Introduction à un tout nouveau style mumblecore, Love Steaks est le premier long-métrage de l'allemand Jakob Lass, filmé dans un véritable hôtel, fourni de son personnel le plus non-professionnel cinématographiquement parlant.
De ce décor, les opposés vont se rencontrer : la fiction/le documentaire ; l'introverti/l'extrovertie. Heureusement, quelques bouffées de grand air permettront au spectateur de reprendre son souffle de cet enfermement. Souvent accentuées de musiques électronique (The Knife, et cætera), c'est sur la plage que les deux protagonistes, Clemens et Lara, se rattraperont.
Avec son Fogma#1 (singeant ainsi librement le Dogme95 du duo Lars Von Trier/Thomas Vinterberg), le trentenaire munichois souhaite rassembler, je cite, « la force d'un récit scénaristique, la fraîcheur et l'enthousiasme d'un film d'improvisation et l'absurdité authentique d'un documentaire » (merci Google Traduction). Et c'est en effet cette « absurdité authentique » qu'on se prend dans la face, accentuée par une caméra à l'épaule baladeuse aux mouvements, précisons-le une fois pour toutes, non-exagérés.
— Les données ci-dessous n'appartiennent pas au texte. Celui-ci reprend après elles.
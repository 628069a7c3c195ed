-- ===== src/Base/Text.antt =====
-- std::string as its list of bytes.
use Prim.Native.Nat.{ℕ, suc, ◌+◌}
use Prim.Native.Char.{code}
use Prim.Native.String.{String as Literal}
use mathlib.Core.Path.{◌≡◌, refl}
use mathlib.Core.Logic.{◌↔◌}
use mathlib.Core.Bool.{Bool, true, false, ◌&&◌}
use mathlib.Core.Option
use mathlib.Core.Option.{Option, none, some}
use mathlib.Core.List.{List, [], ◌∷◌, ◌++◌}
use native.Mathlib.Omega.{arith}
use ren_general.Base.Tests.{◌==◌, if◌then◌else◌}
use ren_general.Base.Lists.{take, drop}

abbrev pub String : Type 0
String = List ℕ

-- The bytes of an ASCII literal.
abbrev pub text : Literal → List ℕ
text Literal.[] = []
text (Literal.◌∷◌ c s) = code c ∷ text s

abbrev pub str_eq : List ℕ → List ℕ → Bool
str_eq [] [] = true
str_eq [] (y ∷ ys) = false
str_eq (x ∷ xs) [] = false
str_eq (x ∷ xs) (y ∷ ys) = (x == y) && str_eq xs ys

pub str_eq→eq : (xs ys : List ℕ) → str_eq xs ys ≡ true → xs ≡ ys
str_eq→eq [] [] h = refl
str_eq→eq [] (y ∷ ys) h = cc
str_eq→eq (x ∷ xs) [] h = cc
str_eq→eq (x ∷ xs) (y ∷ ys) h = ground (arith, str_eq→eq xs ys)

pub str_eq_refl : (xs : List ℕ) → str_eq xs xs ≡ true
str_eq_refl [] = refl
str_eq_refl (x ∷ xs) = ground (arith, str_eq_refl xs)

pub str_eq_iff : (xs ys : List ℕ) → (str_eq xs ys ≡ true) ↔ (xs ≡ ys)
str_eq_iff xs ys = (str_eq→eq xs ys, λ e. ground (arith, str_eq_refl xs))

-- std::string::find of one character, from a position; `none` is npos.
abbrev pub index_of : ℕ → List ℕ → Option ℕ
index_of c [] = none
index_of c (x ∷ xs) = if x == c then some 0 else Option.map suc (index_of c xs)

abbrev pub find : ℕ → List ℕ → ℕ → Option ℕ
find c s from = Option.map (λ k. from + k) (index_of c (drop from s))

-- std::string::insert of one character.
abbrev pub insert : List ℕ → ℕ → ℕ → List ℕ
insert s at c = take at s ++ c ∷ drop at s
Avec le Fogma l'écriture préalable de quelconque dialogue disparaît, faisant table rase pour laisser la place à ces pastilles de vie, ces scènes éclatantes de spontanéité, de naturel. Car c'est bien la vie qui est projetée sur cette large toile blanche. L'amour, le rire, la souffrance, le contact tactile, la sensualité, et cætera.
L'une manipule les aliments (carcasses, végéteux), l'autre dispose de corps flanqués à longueur de journée sous ses mains expertes, manipulant de la même manière, touchant quand ce n'est pas lui qui subit les massages d'une cliente perverse.
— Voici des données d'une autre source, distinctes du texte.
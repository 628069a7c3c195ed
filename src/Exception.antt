-- ===== src/Exception.antt =====
-- exception.h and exception.cxx: the classes that the program throws, each with its explanation.
-- `Result` is what a call comes to: a value, one of these thrown, an assertion that failed, or (in
-- the model only) loop fuel that ran out.
use mathlib.Core.Path.{subst}
use ren_general.Base.{String, ◌≡◌, refl, Bool, true, false}

pub data Error : Type 0 where
  construction : String → Error
  input : String → Error
  system : String → Error

pub data Result {ℓ} (A : Type ℓ) : Type ℓ where
  ok : A → Result A
  throw : Error → Result A
  abort : Result A
  out_of_fuel : Result A

infixl 5 ◌>>=◌ ◌>>◌
abbrev pub ◌>>=◌ {ℓ κ} : {A : Type ℓ} {B : Type κ} → Result A → (A → Result B) → Result B
ok a >>= f = f a
throw e >>= f = throw e
abort >>= f = abort
out_of_fuel >>= f = out_of_fuel

abbrev pub ◌>>◌ {ℓ} : {B : Type ℓ} → Result (Unit {0}) → Result B → Result B
m >> k = m >>= λ _. k

abbrev pub assert : Bool → Result (Unit {0})
assert true = ok tt
assert false = abort

-- Bind is associative.
pub >>=_assoc {ℓ κ} :
    {A : Type ℓ} {B C : Type κ} (m : Result A) (f : A → Result B) (g : B → Result C)
    → ((m >>= f) >>= g) ≡ (m >>= λ a. f a >>= g)
>>=_assoc (ok a) f g = refl
>>=_assoc (throw e) f g = refl
>>=_assoc abort f g = refl
>>=_assoc out_of_fuel f g = refl

-- A postcondition of the value, if there is one.
abbrev pub IfOk {ℓ κ} : {A : Type ℓ} → (A → Type κ) → Result A → Type κ
IfOk P (ok a) = P a
IfOk P (throw e) = Unit
IfOk P abort = Unit
IfOk P out_of_fuel = Unit

pub IfOk-bind {ℓ κ} :
    {A B : Type ℓ} (P : A → Type κ) (Q : B → Type κ) (r : Result A) (f : A → Result B)
    → IfOk P r
    → ((a : A) → P a → IfOk Q (f a))
    → IfOk Q (r >>= f)
IfOk-bind P Q (ok a) f h k = k a h
IfOk-bind P Q (throw e) f h k = tt
IfOk-bind P Q abort f h k = tt
IfOk-bind P Q out_of_fuel f h k = tt

pub IfOk-ok {ℓ κ} : {A : Type ℓ} (P : A → Type κ) {r : Result A} {a : A} → IfOk P r → r ≡ ok a → P a
IfOk-ok P h e = subst (IfOk P) e h

pub IfOk-assert {κ} :
    {B : Type 0} (Q : B → Type κ) (b : Bool) (k : Result B)
    → (b ≡ true → IfOk Q k)
    → IfOk Q (assert b >> k)
IfOk-assert Q true k h = h refl
IfOk-assert Q false k h = tt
L'amorce se créera donc du métier du second, avant que la première ne reprenne le dessus dans une scène atteignant un des climax de sensualité du métrage (à laquelle vient s'ajouter une scène nocturne dans les cuisines de l'hôtel alors que c'est au tour du garçon de se dévêtir, après avoir simulé une fellation, ainsi qu'une autre, dans la chambre improvisée de celui-ci). Sans vulgarité, la caméra permet l'exposition des corps, sans apparition explicite d'acte sexuel au long de cette heure et demie.
Aussi, une réelle tension sexuelle, ou plutôt sensuelle, peu à peu excitante, se créée de leurs rapports aux sublimations sexuelles.
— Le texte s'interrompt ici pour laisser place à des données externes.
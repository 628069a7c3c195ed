-- ===== src/Filesystem/Path.antt =====
-- filesystem.cxx: the string iterator, and class Path (parsing, printing, relative paths).
-- A path is the list of its parts; both subclasses add methods only, so FilePath and DirectoryPath
-- are the same type.
pub mod Split
pub mod Parse
pub mod Common
pub mod Join
pub mod Relative
use mathlib.Core.Option
use mathlib.Core.List.{foldl}
use ren_general.Base.{
  String, find, ℕ, zero, suc, ◌+◌, ◌-◌, Bool, true, false, not, Option, none, some, List, [], ◌∷◌,
  ◌++◌, map, ◌==◌, if◌then◌else◌, is_empty, push_back, pop_back, take, drop, length, str_eq, text,
}
use ren_general.Exception.{Result, ok, throw, out_of_fuel, ◌>>=◌, construction}

abbrev pub slash : ℕ
slash = b'/'

abbrev pub dot : String
dot = b'.' ∷ []

abbrev pub dot_dot : String
dot_dot = b'.' ∷ b'.' ∷ []

-- `RawPath[0]` of the empty string is the terminating zero.
unfoldable pub is_absolute : String → Bool
is_absolute [] = false
is_absolute (c ∷ cs) = c == slash

pub record PathStringIterator : Type 0 where
  pub path_string : String
  pub previous_marker : ℕ
  pub marker : Option ℕ

unfoldable pub iterator : String → PathStringIterator
iterator s = record { path_string = s; previous_marker = 0; marker = some 0 }

-- `none` is the answer false, which changes nothing.
unfoldable pub find_next : PathStringIterator → Option PathStringIterator
find_next it = elim it.marker [
  | none ↦ none
  | some m ↦ some (record it {
    previous_marker = m;
    marker = Option.map (λ k. k + 1) (find slash it.path_string m);
  })
]

-- With the marker at npos the count that is passed to `substr` is past the end.
unfoldable pub read : PathStringIterator → String
read it = elim it.marker [
  | none ↦ drop it.previous_marker it.path_string
  | some m ↦
      if m - 1 - it.previous_marker == 0
      then []
      else take (m - 1 - it.previous_marker) (drop it.previous_marker it.path_string)
]

pub record PathBase : Type 0 where
  pub parts : List String

abbrev pub FilePath : Type 0
FilePath = PathBase

abbrev pub DirectoryPath : Type 0
DirectoryPath = PathBase

abbrev pub path : List String → PathBase
path ps = record { parts = ps }

-- The body of the constructor's loop.
unfoldable pub add_part : List String → String → Result (List String)
add_part parts part =
    if str_eq part []
    then ok parts
    else if str_eq part dot_dot
    then (if is_empty parts
        then throw (construction (text ".. directory specified at root level!"))
        else ok (pop_back parts))
    else if str_eq part dot
    then ok parts
    else ok (push_back parts part)

unfoldable pub parse_loop : ℕ → PathStringIterator → List String → Result (List String)
parse_loop zero it parts = out_of_fuel
parse_loop (suc fuel) it parts = elim (find_next it) [
  | none ↦ ok parts
  | some it' ↦ add_part parts (read it') >>= λ parts'. parse_loop fuel it' parts'
]

-- The constructor from an absolute path.
unfoldable pub new : String → Result PathBase
new absolute =
    if is_empty absolute
    then throw (construction (text "Absolute paths must not be empty."))
    else if not (is_absolute absolute)
    then throw (construction (text "Base paths must be constructed with absolute paths."))
    else (parse_loop (length absolute + 2) (iterator absolute) [] >>= λ parts. ok (path parts))

-- The loop that writes the separator and the part, for each part.
unfoldable pub write_parts : String → List String → String
write_parts separator [] = []
write_parts separator (part ∷ parts) = separator ++ (part ++ write_parts separator parts)

unfoldable pub as_absolute_string : String → PathBase → String
unfolding write_parts
as_absolute_string separator p =
    (if is_empty p.parts then separator else []) ++ write_parts separator p.parts

abbrev pub absolute_string : PathBase → String
absolute_string = as_absolute_string (slash ∷ [])

-- The iterators are what is left of each list: the common parts, then both rests.
unfoldable pub common_root_loop :
    List String → List String → List String → List String × List String × List String
common_root_loop out (l ∷ ls) (o ∷ os) =
    if str_eq l o then common_root_loop (push_back out l) ls os else (out, l ∷ ls, o ∷ os)
common_root_loop out ls os = (out, ls, os)

abbrev pub find_common_root_parts :
    List String → List String → List String × List String × List String
find_common_root_parts = common_root_loop []

-- The lambda AppendPart over its two captured variables.
unfoldable pub append_part : String × Bool → String → String × Bool
append_part (out, first) part = ((if first then out else out ++ slash ∷ []) ++ part, false)

unfoldable pub as_relative_string : PathBase → DirectoryPath → String
as_relative_string p from =
    let (out, here_part, from_part) = find_common_root_parts p.parts from.parts in
    let up = foldl append_part ([], true) (map (λ _. dot_dot) from_part) in
    (foldl append_part up here_part).0

-- FilePath::Qualify and DirectoryPath::Qualify. `working` is what LocateWorkingDirectory gives or
-- throws.
unfoldable pub qualify : Result DirectoryPath → String → Result PathBase
qualify working raw =
    if is_absolute raw
    then new raw
    else (working >>= λ directory. new ((absolute_string directory ++ slash ∷ []) ++ raw))

unfoldable pub is_root : PathBase → Bool
is_root p = is_empty p.parts

unfoldable pub depth : PathBase → ℕ
depth p = length p.parts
Tout les opposes, et pourtant ils vont se réunir, se croiser et échanger leur rôle ; le réservé va devenir celui qui aide et protège celle qui semblait jusqu'alors la plus forte.
Ces corps retombant pathétiquement, comme attirés sempiternellement par le sol, se battront (figurément et proprement) pour réussir, au moins ensemble.
Un expérience révélée agréable et parfois même, drôle (mis à part ces personnes dans la salle qui riaient tout haut pour pas grand chose — une chute répétée) ; mais surtout, des personnages attachants, du fait de la sincérité de l'ensemble et de cette réelle tension sexuelle s'installant, au-delà de rapports humains incroyables que les règles n'arrêteront pas.
— « Très bien » c'est la case que j'ai coché pour ce film — vu au Festival Univerciné Allemand à Nantes, alors en compétition, sur la petite feuille qui nous était remis et sur laquelle l'on pouvait choisir parmi « excellent », la mention choisie, « bien », « moyen », « médiocre/mauvais » (système complètement arbitraire si il en est — trois avis au-dessus de « moyen », et seulement un en-dessous).
Le film a remporté le Grand Prix du festival Max Ophüls de Sarrebruck (ville allemande jumelée à Nantes) en deux mille quatorze.